4. If a variable quadrangle move in such a way as always to remain inscribed in a fixed conic, while three of its sides turn each around one of three fixed collinear points, then the fourth will also turn around a fourth fixed point collinear with the other three.
5. State and prove the dual of problem 4.
6. Extend problem 4 as follows: If a variable polygon of an even number of sides move in such a way as always to remain inscribed in a fixed conic, while all its sides but one pass through as many fixed collinear points, then the last side will also pass through a fixed point collinear with the others.

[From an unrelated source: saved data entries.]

-- ===== src/Mfa/Authenticators/Cleanup.antt =====
-- What is left after an authenticator is deleted.
use django_allauth.Prelude.{
  inl, inr, ◌∙◌, ℕ, ◌≡◌, refl, sym, true, false, not, ◌&&◌, List, [], ◌∷◌, keep, any, arith,
  Bool-cases, ◌==◌, nat_eq,
}
use django_allauth.Mfa.Authenticators.{
  Authenticator, is_of, is_factor_of, delete_dangling_recovery_codes, delete_and_cleanup,
}

factor-any :
    (user : ℕ) (rows : List Authenticator)
    → any (is_factor_of user) rows ≡ true
    → any (is_of user) rows ≡ true
factor-any user [] h = cc
factor-any user (a ∷ rows) h = ground (arith, factor-any user rows)

any-none :
    (user : ℕ) (rows : List Authenticator)
    → (any (is_of user) (keep (λ a. not (is_of user a)) rows) ≡ false)
      × (any (is_factor_of user) (keep (λ a. not (is_of user a)) rows) ≡ false)
any-none user [] = (refl, refl)
any-none user (a ∷ rows) = ground (arith, any-none user rows)

others-keep :
    (user pk : ℕ) (rows : List Authenticator)
    → keep (λ a. not (is_of user a)) (keep (λ a. not (a.pk == pk)) rows)
      ≡ keep (λ a. not (is_of user a) && not (a.pk == pk)) rows
others-keep user pk [] = refl
others-keep user pk (a ∷ rows) = ground (arith, others-keep user pk rows)

keep_idem :
    (user : ℕ) (rows : List Authenticator)
    → keep (λ a. not (is_of user a)) (keep (λ a. not (is_of user a)) rows)
      ≡ keep (λ a. not (is_of user a)) rows
keep_idem user [] = refl
keep_idem user (a ∷ rows) = ground (arith, keep_idem user rows)

-- After an authenticator is deleted, its user has authenticators only if one of them is more than
-- recovery codes: recovery codes are never left alone. The other users keep all of theirs, but for
-- the deleted row.
pub delete_and_cleanup_lem :
    (authenticator : Authenticator) (rows : List Authenticator)
    → let user = authenticator.user in
      let rows' = delete_and_cleanup authenticator rows in
      (any (is_of user) rows' ≡ any (is_factor_of user) rows')
      × (keep (λ a. not (is_of user a)) rows'
          ≡ keep (λ a. not (is_of user a) && not (a.pk == authenticator.pk)) rows)
unfolding delete_and_cleanup delete_dangling_recovery_codes
delete_and_cleanup_lem authenticator rows =
    let user = authenticator.user in
    let left = keep (λ a. not (a.pk == authenticator.pk)) rows in
    elim (Bool-cases (any (is_factor_of user) left)) [
      | inl some_factor ↦ rw some_factor (
        rw (factor-any user left some_factor, some_factor) refl,
        others-keep user authenticator.pk rows,
      )
      | inr no_factor ↦ rw no_factor (
        (any-none user left).0 ∙ sym (any-none user left).1,
        keep_idem user left ∙ others-keep user authenticator.pk rows,
      )
    ]
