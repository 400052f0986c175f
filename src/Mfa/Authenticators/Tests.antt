-- ===== src/Mfa/Authenticators/Tests.antt =====
-- A user with an authenticator app and recovery codes, and another one.
use django_allauth.Prelude.{◌≡◌, not, ◌&&◌, List, [], ◌∷◌, keep, any, ◌==◌, nat_eq}
use django_allauth.Mfa.Authenticators.{
  Authenticator, recovery_codes, totp, webauthn, is_of, is_factor_of, delete_and_cleanup,
}
use django_allauth.Mfa.Authenticators.Cleanup.{delete_and_cleanup_lem}

abbrev app : Authenticator
app = record { pk = 1; user = 1; type = totp }

abbrev rows : List Authenticator
rows =
    app
    ∷ (record { pk = 2; user = 1; type = recovery_codes }
        ∷ (record { pk = 3; user = 2; type = webauthn } ∷ []))

delete_and_cleanup_lem_example :
    let rows' = delete_and_cleanup app rows in
    (any (is_of 1) rows' ≡ any (is_factor_of 1) rows')
    × (keep (λ a. not (is_of 1 a)) rows' ≡ keep (λ a. not (is_of 1 a) && not (a.pk == 1)) rows)
delete_and_cleanup_lem_example = delete_and_cleanup_lem app rows
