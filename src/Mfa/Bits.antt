-- ===== src/Mfa/Bits.antt =====
-- The bits of a mask: `mask & (1 << i)` as a test, and `mask | (1 << i)`.
use Prim.Native.Nat.{ℕ, zero, suc, ◌+◌, ◌*◌, ◌/◌, ◌%◌}
use mathlib.Core.Path.{◌≡◌}
use mathlib.Core.Bool.{Bool, true}
use native.Mathlib.Omega.{arith}
use django_allauth.Prelude.{nat_eqb, if◌then◌else◌}

unfoldable pub test_bit : ℕ → ℕ → Bool
test_bit mask zero = nat_eqb (mask % 2) 1
test_bit mask (suc i) = test_bit (mask / 2) i

unfoldable pub set_bit : ℕ → ℕ → ℕ
set_bit mask zero = mask / 2 * 2 + 1
set_bit mask (suc i) = set_bit (mask / 2) i * 2 + mask % 2

half_of : (n m : ℕ) → (n * 2 + m % 2) / 2 ≡ n
half_of n m = omega arith

half_odd : (n : ℕ) → (n * 2 + 1) / 2 ≡ n
half_odd n = omega arith

pub test_bit-set_bit :
    (mask i j : ℕ) → test_bit (set_bit mask i) j ≡ (if nat_eqb i j then true else test_bit mask j)
unfolding test_bit set_bit
test_bit-set_bit mask zero zero = ground arith
test_bit-set_bit mask zero (suc j) = ground (arith, half_odd (mask / 2))
test_bit-set_bit mask (suc i) zero = ground arith
test_bit-set_bit mask (suc i) (suc j) =
    ground (arith, half_of (set_bit (mask / 2) i) mask, test_bit-set_bit (mask / 2) i j)
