-- ===== src/Mfa/RecoveryCodes.antt =====
-- allauth/mfa/recovery_codes/internal/auth.py: one-time recovery codes. The codes are derived from a
-- seed, and a mask remembers the used ones; older authenticators hold a list of codes instead.
pub mod Unused
pub mod Shape
mod Tests
use Prim.Native.Nat.{min}
use django_allauth.Prelude.{
  ℕ, zero, suc, ◌+◌, ◌-◌, ◌*◌, ◌/◌, ◌%◌, ◌^◌, Bool, true, false, Option, none, some, List, [], ◌∷◌,
  ◌++◌, map, if◌then◌else◌, ◌==◌, is_some, Text, text_eq, codes, str, zfill, rjust, compare_digest,
}
use django_allauth.Mfa.Bits.{test_bit, set_bit}

-- The settings, and what the program takes from elsewhere: the digest of an HMAC-SHA1 for a key and
-- a message, as bytes, and the adapter's decryption.
pub record Env : Type 0 where
  pub recovery_code_count : ℕ
  pub recovery_code_digits : ℕ
  pub digest : Text → Text → List ℕ
  pub digest_size : ℕ
  pub decrypt : Text → Text

-- `instance.data` of an authenticator of this type.
pub record Data : Type 0 where
  pub seed : Text
  pub used_mask : ℕ
  pub migrated_codes : Option (List Text)
  pub viewed_at : Option ℕ

abbrev take : ℕ → List ℕ → List ℕ
take zero xs = []
take (suc n) [] = []
take (suc n) (x ∷ xs) = x ∷ take n xs

-- `int.from_bytes(…, byteorder="big")`, from the number read so far.
unfoldable pub from_bytes : ℕ → List ℕ → ℕ
from_bytes acc [] = acc
from_bytes acc (b ∷ bs) = from_bytes (acc * 256 + b) bs

-- `RecoveryCodes.activate`, when there is none: a fresh seed (encrypted) and nothing used.
pub activate : Text → Data
activate seed = record { seed = seed; used_mask = 0; migrated_codes = none; viewed_at = none }

-- The loop of `get_unused_codes`, from an index.
pub unused_from : ℕ → ℕ → List Text → List Text
unused_from mask i [] = []
unused_from mask i (c ∷ cs) =
    let rest = unused_from mask (i + 1) cs in if test_bit mask i then rest else c ∷ rest

-- `codes.index(code)`; `none` is the `ValueError`.
abbrev index : Text → List Text → Option ℕ
index code [] = none
index code (c ∷ cs) =
    if c == code then some 0 else elim (index code cs) [ none ↦ none | some n ↦ some (suc n) ]

abbrev pop : ℕ → List Text → List Text
pop i [] = []
pop zero (c ∷ cs) = cs
pop (suc i) (c ∷ cs) = c ∷ pop i cs

-- What the loop of `validate_code` comes to: an index, no index, or the `TypeError` of
-- `compare_digest`.
pub data Search : Type 0 where
  found_at : ℕ → Search
  missing raised : Search

abbrev pub or_search : ℕ → Option Bool → Search → Search
or_search i none rest = raised
or_search i (some true) rest = found_at i
or_search i (some false) rest = rest

-- The loop: the first unused code that is the given one.
pub find_unused : Text → ℕ → ℕ → List Text → Search
find_unused code mask i [] = missing
find_unused code mask i (c ∷ cs) =
    let rest = find_unused code mask (i + 1) cs in
    if test_bit mask i then rest else or_search i (compare_digest code c) rest

module _ (env : Env) where
  open env use {recovery_code_count, recovery_code_digits, digest, digest_size, decrypt}

  abbrev byte_count : ℕ
  byte_count = min (recovery_code_digits / 2) digest_size

  abbrev code_of : Text → Text → Text
  code_of seed message =
      zfill recovery_code_digits
        (str (from_bytes 0 (take byte_count (digest seed message)) % 10 ^ recovery_code_digits))

  -- The loop: the number of codes left, the next index, and the message hashed so far.
  pub derive : Text → ℕ → ℕ → Text → List Text
  derive seed zero i message = []
  derive seed (suc left) i message =
      let message' = message ++ rjust 3 (str i) ++ codes "," in
      code_of seed message' ∷ derive seed left (i + 1) message'

  pub get_migrated_codes : Data → Option (List Text)
  get_migrated_codes d = elim d.migrated_codes [ none ↦ none | some cs ↦ some (map decrypt cs) ]

  pub generate_codes : Data → List Text
  unfolding get_migrated_codes derive
  generate_codes d = elim (get_migrated_codes d) [
    | some migrated ↦ migrated
    | none ↦ derive (decrypt d.seed) recovery_code_count 0 []
  ]

  pub get_unused_codes : Data → List Text
  unfolding get_migrated_codes unused_from
  get_unused_codes d = elim (get_migrated_codes d) [
    | some migrated ↦ migrated
    | none ↦ unused_from d.used_mask 0 (generate_codes d)
  ]

  -- The index is one of the list that is decrypted, and of the one that is stored.
  validate_migrated : Text → List Text → Data → Option Bool × Data
  validate_migrated code stored d = elim (index code (map decrypt stored)) [
    | none ↦ (some false, d)
    | some i ↦ (some true, record d { migrated_codes = some (pop i stored) })
  ]

  validate_seeded : Text → Data → Option Bool × Data
  unfolding find_unused
  validate_seeded code d = elim (find_unused code d.used_mask 0 (generate_codes d)) [
    | missing ↦ (some false, d)
    | raised ↦ (none, d)
    | found_at i ↦ (some true, record d { used_mask = set_bit d.used_mask i })
  ]

  -- `validate_code`, on the data that the locked row holds; `none` is a `TypeError`.
  pub validate_code : Text → Data → Option Bool × Data
  unfolding validate_migrated validate_seeded
  validate_code code d = elim d.migrated_codes [
    | some stored ↦ validate_migrated code stored d
    | none ↦ validate_seeded code d
  ]

-- `mark_as_viewed`, at a moment.
pub mark_as_viewed : ℕ → Data → Data
mark_as_viewed now d = if is_some d.viewed_at then d else record d { viewed_at = some now }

7. If a triangle QRS be inscribed in a conic, and if a transversal s meet two of its sides in A and A', the third side and the tangent at the opposite vertex in B and B', and the conic itself in C and C', then AA', BB', CC' are three pairs of points in an involution.

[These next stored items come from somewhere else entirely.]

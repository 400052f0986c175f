-- ===== src/Mfa/RecoveryCodes/Shape.antt =====
-- The codes that are derived from a seed.
use django_allauth.Prelude.{
  ℕ, zero, suc, ◌+◌, ◌≡◌, refl, ap, none, [], All, length, length-zfill_mod, Text, str, rjust,
  codes, ◌++◌,
}
use django_allauth.Mfa.RecoveryCodes.{Env, Data, derive, generate_codes}

module _ (env : Env) (w : ℕ) (wide : env.recovery_code_digits ≡ suc w) where
  abbrev pub HasWidth : Text → Type 0
  HasWidth c = length c ≡ env.recovery_code_digits

  derive_shape :
      (seed : Text) (left i : ℕ) (message : Text)
      → (length (derive env seed left i message) ≡ left)
        × All HasWidth (derive env seed left i message)
  unfolding derive
  derive_shape seed zero i message = (refl, tt)
  derive_shape seed (suc left) i message =
      let message' = message ++ rjust 3 (str i) ++ codes "," in
      let (many, wide_each) = derive_shape seed left (i + 1) message' in
      (ap suc many, (length-zfill_mod env.recovery_code_digits w _ wide, wide_each))

  -- Without migrated codes there are always as many codes as the setting says, each a text of as
  -- many characters as the setting says, at least one.
  pub generate_codes_shape :
      (d : Data)
      → d.migrated_codes ≡ none
      → (length (generate_codes env d) ≡ env.recovery_code_count)
        × All HasWidth (generate_codes env d)
  unfolding generate_codes
  generate_codes_shape d e =
      rw (e, generate_codes) (derive_shape (env.decrypt d.seed) env.recovery_code_count 0 [])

8. Use the last exercise to solve the problem: Given five points, Q, R, S, C, C', on a conic, to draw the tangent at any one of them.
9. State and prove the dual of problem 7 and use it to prove the dual of problem 8.
10. If a transversal cut two tangents to a conic in B and B', their chord of contact in A, and the conic itself in P and P', then the point A is a double point of the involution determined by BB' and PP'.
11. State and prove the dual of problem 10.
12. If a variable conic pass through two given points, P and P', and if it be tangent to two given lines, the chord of contact of these two tangents will always pass through a fixed point on PP'.
13. Use the last theorem to solve the problem: Given four points, P, P', Q, S, on a conic, and the tangent at one of them, Q, to draw the tangent at any one of the other points, S.
14. Apply the theorem of problem 9 to the case of a hyperbola where the two tangents are the asymptotes. Show in this way that if a hyperbola and its asymptotes be cut by a transversal, the segments intercepted by the curve and by the asymptotes respectively have the same middle point.
15. In a triangle circumscribed about a conic, any side is divided harmonically by its point of contact and the point where it meets the chord joining the points of contact of the other two sides.